*Task to carry out*:
Number of lines with the string "frontdoor" in the entries below: report it, and nothing besides.

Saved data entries
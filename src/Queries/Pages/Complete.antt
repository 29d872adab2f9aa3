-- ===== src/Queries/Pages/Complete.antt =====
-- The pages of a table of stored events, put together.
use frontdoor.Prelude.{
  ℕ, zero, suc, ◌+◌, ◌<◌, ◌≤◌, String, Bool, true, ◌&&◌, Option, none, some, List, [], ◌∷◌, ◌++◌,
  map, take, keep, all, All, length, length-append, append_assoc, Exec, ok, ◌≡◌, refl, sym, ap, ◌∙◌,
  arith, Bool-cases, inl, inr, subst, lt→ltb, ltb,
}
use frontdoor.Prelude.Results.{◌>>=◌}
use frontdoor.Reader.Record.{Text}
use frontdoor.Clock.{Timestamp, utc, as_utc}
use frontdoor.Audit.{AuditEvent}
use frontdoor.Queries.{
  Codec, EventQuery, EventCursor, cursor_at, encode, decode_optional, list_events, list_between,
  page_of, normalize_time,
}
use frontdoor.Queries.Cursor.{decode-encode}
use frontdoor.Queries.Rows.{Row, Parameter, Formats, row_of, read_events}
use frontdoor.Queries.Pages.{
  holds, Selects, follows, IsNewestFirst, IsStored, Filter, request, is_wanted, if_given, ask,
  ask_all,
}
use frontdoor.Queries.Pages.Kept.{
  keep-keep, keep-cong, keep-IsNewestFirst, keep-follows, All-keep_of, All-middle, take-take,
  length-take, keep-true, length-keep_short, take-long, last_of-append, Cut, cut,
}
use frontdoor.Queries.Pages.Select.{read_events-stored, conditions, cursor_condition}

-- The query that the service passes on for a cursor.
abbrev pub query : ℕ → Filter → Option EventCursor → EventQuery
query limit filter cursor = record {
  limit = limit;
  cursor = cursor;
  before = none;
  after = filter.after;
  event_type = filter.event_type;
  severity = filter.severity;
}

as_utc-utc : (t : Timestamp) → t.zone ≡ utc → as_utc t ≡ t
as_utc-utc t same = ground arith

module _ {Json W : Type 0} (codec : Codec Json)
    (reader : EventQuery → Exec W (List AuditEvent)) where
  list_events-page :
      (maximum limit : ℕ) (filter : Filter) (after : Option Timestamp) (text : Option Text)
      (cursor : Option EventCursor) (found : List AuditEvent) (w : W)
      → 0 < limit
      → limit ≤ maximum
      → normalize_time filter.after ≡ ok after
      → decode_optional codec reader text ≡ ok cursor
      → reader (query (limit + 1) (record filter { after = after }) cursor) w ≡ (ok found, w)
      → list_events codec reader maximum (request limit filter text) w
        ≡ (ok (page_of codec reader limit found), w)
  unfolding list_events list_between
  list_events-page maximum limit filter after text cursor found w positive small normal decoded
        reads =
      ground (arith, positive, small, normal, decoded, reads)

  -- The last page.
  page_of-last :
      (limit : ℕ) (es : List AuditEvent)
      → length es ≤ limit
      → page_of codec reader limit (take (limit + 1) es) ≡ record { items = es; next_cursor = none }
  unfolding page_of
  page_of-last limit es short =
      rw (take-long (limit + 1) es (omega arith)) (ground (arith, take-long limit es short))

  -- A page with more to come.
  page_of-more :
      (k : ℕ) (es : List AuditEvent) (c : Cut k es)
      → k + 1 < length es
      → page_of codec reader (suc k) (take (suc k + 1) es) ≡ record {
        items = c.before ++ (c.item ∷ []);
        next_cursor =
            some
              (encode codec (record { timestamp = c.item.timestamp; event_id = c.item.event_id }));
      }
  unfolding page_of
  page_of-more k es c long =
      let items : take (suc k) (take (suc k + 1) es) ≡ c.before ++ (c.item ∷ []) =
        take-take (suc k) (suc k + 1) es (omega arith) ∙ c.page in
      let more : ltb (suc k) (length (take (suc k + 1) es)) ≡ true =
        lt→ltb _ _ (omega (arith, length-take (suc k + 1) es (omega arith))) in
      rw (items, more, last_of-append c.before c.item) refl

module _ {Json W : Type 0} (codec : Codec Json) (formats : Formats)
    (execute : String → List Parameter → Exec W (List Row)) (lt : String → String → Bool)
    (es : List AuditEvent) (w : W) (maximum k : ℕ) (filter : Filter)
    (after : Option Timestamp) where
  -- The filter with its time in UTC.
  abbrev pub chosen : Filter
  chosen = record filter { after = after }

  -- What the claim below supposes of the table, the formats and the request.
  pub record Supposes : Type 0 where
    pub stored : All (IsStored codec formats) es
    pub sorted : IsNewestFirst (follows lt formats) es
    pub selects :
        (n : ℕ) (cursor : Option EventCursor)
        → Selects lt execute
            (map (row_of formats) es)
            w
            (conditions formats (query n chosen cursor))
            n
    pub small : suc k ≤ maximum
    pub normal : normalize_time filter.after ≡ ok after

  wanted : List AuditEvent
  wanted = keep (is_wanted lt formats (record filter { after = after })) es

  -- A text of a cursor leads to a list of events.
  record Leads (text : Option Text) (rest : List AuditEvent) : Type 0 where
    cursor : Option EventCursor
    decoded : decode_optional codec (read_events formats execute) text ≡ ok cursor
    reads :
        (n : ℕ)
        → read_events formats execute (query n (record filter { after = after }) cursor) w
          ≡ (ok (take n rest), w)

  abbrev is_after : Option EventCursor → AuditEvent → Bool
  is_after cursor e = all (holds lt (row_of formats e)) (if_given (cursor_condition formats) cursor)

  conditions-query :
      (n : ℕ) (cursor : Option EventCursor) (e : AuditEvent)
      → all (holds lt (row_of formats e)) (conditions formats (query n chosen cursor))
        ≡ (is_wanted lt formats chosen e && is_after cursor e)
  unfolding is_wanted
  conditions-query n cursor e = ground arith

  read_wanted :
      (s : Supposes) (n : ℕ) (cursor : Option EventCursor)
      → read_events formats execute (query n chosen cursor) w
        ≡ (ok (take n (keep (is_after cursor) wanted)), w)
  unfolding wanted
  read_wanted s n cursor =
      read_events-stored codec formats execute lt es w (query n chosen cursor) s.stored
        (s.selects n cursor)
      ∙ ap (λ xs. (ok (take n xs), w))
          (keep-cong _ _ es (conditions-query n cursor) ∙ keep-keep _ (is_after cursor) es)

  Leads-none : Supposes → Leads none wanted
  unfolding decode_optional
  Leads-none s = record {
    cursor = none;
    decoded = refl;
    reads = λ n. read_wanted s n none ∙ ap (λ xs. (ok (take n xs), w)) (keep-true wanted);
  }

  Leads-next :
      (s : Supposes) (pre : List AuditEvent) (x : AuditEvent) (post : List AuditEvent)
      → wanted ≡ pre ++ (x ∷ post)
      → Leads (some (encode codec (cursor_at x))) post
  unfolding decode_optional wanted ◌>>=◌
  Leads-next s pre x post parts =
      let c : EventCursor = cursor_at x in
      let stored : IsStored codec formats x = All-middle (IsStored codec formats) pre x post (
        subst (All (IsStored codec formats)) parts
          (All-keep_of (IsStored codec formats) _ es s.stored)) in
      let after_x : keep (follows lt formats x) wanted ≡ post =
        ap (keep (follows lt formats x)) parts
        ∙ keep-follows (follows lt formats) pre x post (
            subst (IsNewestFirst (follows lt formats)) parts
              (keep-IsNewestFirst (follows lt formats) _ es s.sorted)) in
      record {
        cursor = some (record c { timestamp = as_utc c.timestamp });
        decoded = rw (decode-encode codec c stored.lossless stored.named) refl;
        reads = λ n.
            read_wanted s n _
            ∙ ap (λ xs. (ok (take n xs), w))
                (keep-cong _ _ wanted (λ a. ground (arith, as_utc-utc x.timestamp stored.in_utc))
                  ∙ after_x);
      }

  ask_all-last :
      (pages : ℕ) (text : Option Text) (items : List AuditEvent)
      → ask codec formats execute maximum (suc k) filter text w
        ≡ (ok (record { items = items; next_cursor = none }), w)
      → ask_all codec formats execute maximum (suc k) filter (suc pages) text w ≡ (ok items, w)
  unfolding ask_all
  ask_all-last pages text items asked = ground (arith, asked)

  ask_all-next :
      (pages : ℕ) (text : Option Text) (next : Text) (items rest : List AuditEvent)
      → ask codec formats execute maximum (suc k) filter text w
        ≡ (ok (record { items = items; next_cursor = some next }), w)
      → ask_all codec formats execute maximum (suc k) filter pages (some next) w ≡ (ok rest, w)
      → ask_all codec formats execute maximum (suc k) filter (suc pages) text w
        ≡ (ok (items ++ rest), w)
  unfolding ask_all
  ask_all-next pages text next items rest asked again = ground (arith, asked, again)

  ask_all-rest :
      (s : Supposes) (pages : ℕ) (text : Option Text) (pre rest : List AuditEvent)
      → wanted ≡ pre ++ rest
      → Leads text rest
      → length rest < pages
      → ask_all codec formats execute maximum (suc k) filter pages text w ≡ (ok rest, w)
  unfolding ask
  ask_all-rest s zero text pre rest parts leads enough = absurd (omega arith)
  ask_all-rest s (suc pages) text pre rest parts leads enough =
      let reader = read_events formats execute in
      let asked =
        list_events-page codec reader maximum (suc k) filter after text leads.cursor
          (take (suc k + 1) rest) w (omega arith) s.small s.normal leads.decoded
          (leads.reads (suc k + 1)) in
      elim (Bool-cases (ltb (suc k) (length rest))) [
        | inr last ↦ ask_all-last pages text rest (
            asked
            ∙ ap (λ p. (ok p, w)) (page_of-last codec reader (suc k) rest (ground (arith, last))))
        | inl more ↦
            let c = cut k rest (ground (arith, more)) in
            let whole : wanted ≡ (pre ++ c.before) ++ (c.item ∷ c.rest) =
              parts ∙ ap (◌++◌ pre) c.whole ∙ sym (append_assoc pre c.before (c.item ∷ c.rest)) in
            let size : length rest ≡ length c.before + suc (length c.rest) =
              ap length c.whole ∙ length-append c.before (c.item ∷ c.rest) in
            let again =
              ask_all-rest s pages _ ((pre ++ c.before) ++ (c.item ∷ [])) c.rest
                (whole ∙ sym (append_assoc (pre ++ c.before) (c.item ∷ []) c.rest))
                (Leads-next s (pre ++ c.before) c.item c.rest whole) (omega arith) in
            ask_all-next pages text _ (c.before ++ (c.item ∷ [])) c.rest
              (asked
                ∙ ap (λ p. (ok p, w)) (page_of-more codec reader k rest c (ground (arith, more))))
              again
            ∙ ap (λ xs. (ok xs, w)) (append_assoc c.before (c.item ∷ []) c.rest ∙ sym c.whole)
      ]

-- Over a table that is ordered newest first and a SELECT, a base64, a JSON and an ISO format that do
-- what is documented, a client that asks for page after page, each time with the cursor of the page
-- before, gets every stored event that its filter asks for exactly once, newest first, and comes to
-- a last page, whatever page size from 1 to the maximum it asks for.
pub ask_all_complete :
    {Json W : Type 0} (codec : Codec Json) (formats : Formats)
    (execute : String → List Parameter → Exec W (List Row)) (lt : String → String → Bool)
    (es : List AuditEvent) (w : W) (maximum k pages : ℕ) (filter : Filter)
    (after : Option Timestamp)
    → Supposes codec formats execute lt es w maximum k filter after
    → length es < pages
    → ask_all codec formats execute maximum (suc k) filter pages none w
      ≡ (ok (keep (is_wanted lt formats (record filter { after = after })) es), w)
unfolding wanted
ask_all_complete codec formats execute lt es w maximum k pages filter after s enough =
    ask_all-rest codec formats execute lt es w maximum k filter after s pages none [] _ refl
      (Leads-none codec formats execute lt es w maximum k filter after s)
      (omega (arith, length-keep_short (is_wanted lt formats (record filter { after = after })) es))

*Written answer*:
11